No fui capaz de responder, pero asentí. Me sorprendía la libertad con la que las palabras de Patricia volaban de su boca. Una hermana bautizada y asidua predicadora aceptaba mi nueva orientación sexual con una tolerancia abrumadora. Quise abrazarla, quise preguntarle por qué había tenido que sufrir tanto. Y quise preguntarle qué pensaba de mi. Pero sus ojos eran limpios, bonitos, sinceros y amigables.

—Pero ahora estoy bien —dije, simplificando un puñado de años en una sola frase.
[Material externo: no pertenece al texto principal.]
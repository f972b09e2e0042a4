-- ===== src/Regression/Tests.antt =====
-- Runs of models/validation/regression.py on fixed-point numbers.
use ml_engineer_challenge_so.Prelude.{refl, List, [], ◌∷◌, All, none, some}
use ml_engineer_challenge_so.Prelude.Dict.{lookup}
use ml_engineer_challenge_so.Prelude.Micro.{micro}
use ml_engineer_challenge_so.Regression.{
  MetricSpec, Measurements, higher_is_better, lower_is_better, compare_to_baseline, passed,
  regressed,
}
use ml_engineer_challenge_so.Regression.Gate.{IsKept, compare_to_baseline_iff}

abbrev two_specs : List (MetricSpec micro)
two_specs =
    record {
      name = "acc_top1";
      direction = higher_is_better;
      tolerance = 20_000;
      absolute_floor = some 800_000;
    }
    ∷ record {
      name = "latency_p50_ms";
      direction = lower_is_better;
      tolerance = 200_000;
      absolute_floor = none;
    }
    ∷ []

abbrev old_metrics : Measurements micro
old_metrics = record {
  model_name = none;
  version = none;
  metrics = none;
  own = ("acc_top1", 900_000) ∷ ("latency_p50_ms", 10_000_000) ∷ [];
}

abbrev faster : Measurements micro
faster = record {
  model_name = none;
  version = none;
  metrics = none;
  own = ("acc_top1", 890_000) ∷ ("latency_p50_ms", 8_000_000) ∷ [];
}

compare_to_baseline_iff_example : All (IsKept micro old_metrics.own faster.own) two_specs
unfolding compare_to_baseline passed regressed lookup
compare_to_baseline_iff_example =
    (compare_to_baseline_iff micro old_metrics faster two_specs "").0 refl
—Se te ve bien. Se te ve tú. Tú, Miriam, que siempre tenías esos ojos tan tristes.

Patricia tenía que irse. También sabía que miró alrededor para ver si alguien nos estaba mirando. Y que volvería a casa con cierto peso en la conciencia por estar hablando con alguien como yo, alguien con quién no debía hablar.

—A ti también se te ve muy bien, Patricia.

—¡Oh! Bueno. Me voy a casar en un mes con un hermano que conozco desde hace unos meses. Se apellida Ferreiro, como el cantante. Así que a partir de ahora seré Patricia de Ferreiro.

Soltó una risita cargada de pena. Otra mujer más, pensé, como yo. Mujeres cristianas, creyentes, sumisas. Casadas. Que perdían su voz y que perdían, incluso, su apellido. Le dije a Patricia que me alegraba mucho y que esperaba que fuera muy feliz. Ella me contestó que lo sería, estaba segura, con la ayuda de Jehová Dios.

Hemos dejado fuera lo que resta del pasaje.